PENNYWORTH Season Three
That Alt-universe ’70s Show
★★★ 1/2
UK Lionsgate+, streaming now US HBO Max, streaming now Showrunner Bruno Heller
Cast Jack Bannon, Paloma Faith,
Harriet Slater, Ryan Fletcher
With its move to HBO Max in the States, Pennyworth sees a few changes for its third season. Chief among these are a five-year time jump taking the show into the ’70s, and a new, on-the-nose subtitle: The Origin Of Batman’s Butler.
Presumably the show’s new network overlords were keen to ram home the point, since if you didn’t already know who the show’s lead character is destined to become, you wouldn’t guess it from watching this bizarre, very sweary alternate history based in a England ravaged by civil war, and filled with metahumans, mad scientists and psychos.
While Jack Bannon’s Pennyworth remains more Michael Caine’s Alfie than Michael Caine’s Alfred, there are some subtle tonal changes.
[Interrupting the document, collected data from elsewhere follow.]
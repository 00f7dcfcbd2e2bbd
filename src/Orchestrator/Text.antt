-- ===== src/Orchestrator/Text.antt =====
-- What the orchestrator uses of Python's texts, on lists of code points.
use talki_llm_admission_sche.Base.{
  ℕ, ◌==◌, leb, ◌&&◌, ◌||◌, Bool, true, false, List, [], ◌∷◌, ◌++◌, if◌then◌else◌,
}

abbrev pub Text : Type 0
Text = List ℕ

abbrev pub is_empty : Text → Bool
is_empty [] = true
is_empty (c ∷ s) = false

-- `s == t`
unfoldable pub same_text : Text → Text → Bool
same_text [] [] = true
same_text [] (d ∷ t) = false
same_text (c ∷ s) [] = false
same_text (c ∷ s) (d ∷ t) = (c == d) && same_text s t

-- `s.startswith(p)`
unfoldable pub starts_with : Text → Text → Bool
starts_with [] s = true
starts_with (c ∷ p) [] = false
starts_with (c ∷ p) (d ∷ s) = (c == d) && starts_with p s

-- Whether a test holds of a suffix of a text, the text itself and the empty one included.
unfoldable pub any_suffix : (Text → Bool) → Text → Bool
any_suffix f [] = f []
any_suffix f (c ∷ s) = f (c ∷ s) || any_suffix f s

-- `p in s`
abbrev pub occurs_in : Text → Text → Bool
occurs_in p s = any_suffix (starts_with p) s

-- `s.endswith(p)`
abbrev pub ends_with : Text → Text → Bool
ends_with p s = any_suffix (same_text p) s

-- `str.isspace` of a code point, by which `strip` goes.
abbrev pub is_space : ℕ → Bool
is_space c =
    (leb 9 c && leb c 13)
    || (leb 28 c && leb c 32)
    || (c == 133)
    || (c == 160)
    || (c == 5760)
    || (leb 8192 c && leb c 8202)
    || (c == 8232)
    || (c == 8233)
    || (c == 8239)
    || (c == 8287)
    || (c == 12288)

unfoldable pub lstrip_by : (ℕ → Bool) → Text → Text
lstrip_by p [] = []
lstrip_by p (c ∷ s) = if p c then lstrip_by p s else c ∷ s

unfoldable pub rstrip_by : (ℕ → Bool) → Text → Text
rstrip_by p [] = []
rstrip_by p (c ∷ s) = let r = rstrip_by p s in if is_empty r && p c then [] else c ∷ r

-- `s.strip()`
unfoldable pub strip : Text → Text
unfolding lstrip_by rstrip_by
strip s = rstrip_by is_space (lstrip_by is_space s)

-- The line ends of `splitlines`; the pair CR LF is one of them.
abbrev pub is_line_end : ℕ → Bool
is_line_end c =
    (leb 10 c && leb c 13) || (leb 28 c && leb c 30) || (c == 133) || (c == 8232) || (c == 8233)

-- The lines of a text, of which `line` is the line so far: a last line that is empty is none.
unfoldable pub lines_from : Text → Bool → Text → List Text
lines_from line after_cr [] = if is_empty line then [] else line ∷ []
lines_from line after_cr (c ∷ s) = elim (after_cr && (c == 10)) [
  | true ↦ lines_from line false s
  | false ↦ elim (is_line_end c) [
    | true ↦ line ∷ lines_from [] (c == 13) s
    | false ↦ lines_from (line ++ (c ∷ [])) false s
  ]
]

-- `s.splitlines()`
unfoldable pub splitlines : Text → List Text
unfolding lines_from
splitlines s = lines_from [] false s

-- `s.split("/")[-1]`
unfoldable pub base_name_from : Text → Text → Text
base_name_from part [] = part
base_name_from part (c ∷ s) = base_name_from (if c == b'/' then [] else part ++ (c ∷ [])) s

unfoldable pub base_name : Text → Text
unfolding base_name_from
base_name s = base_name_from [] s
The show is still weird and stylised, but slightly less weird and stylised. The ’70s setting is as full of anachronisms as its ’60s setting was, but not quite as much. The plot arcs – mind-controlling drugs that turn Londoners into murderous mobs, meta-human equality, CIA conspiracies – remain outlandish, but somehow not quite as delightfully unhinged as before.
It’s doesn’t help that Paloma Faith’s demented Bet Sykes is sidelined for much of the series, while there’s way too much time spent listening to Martha and Thomas Wayne bickering. There also seems to have been a budget cut – some of the mob scenes look suspiciously light on bodies, and the production design feels less ambitious.
But it remains an entertaining, offbeat show, with memorable set-pieces and a magnificent central performance from Bannon. Plus the end-of-season cliffhanger is a beauty. Dave Golder
Captain Blighty’s armour bears the same “lion rampant” insignia as the original costume of Marvel’s Captain Britain.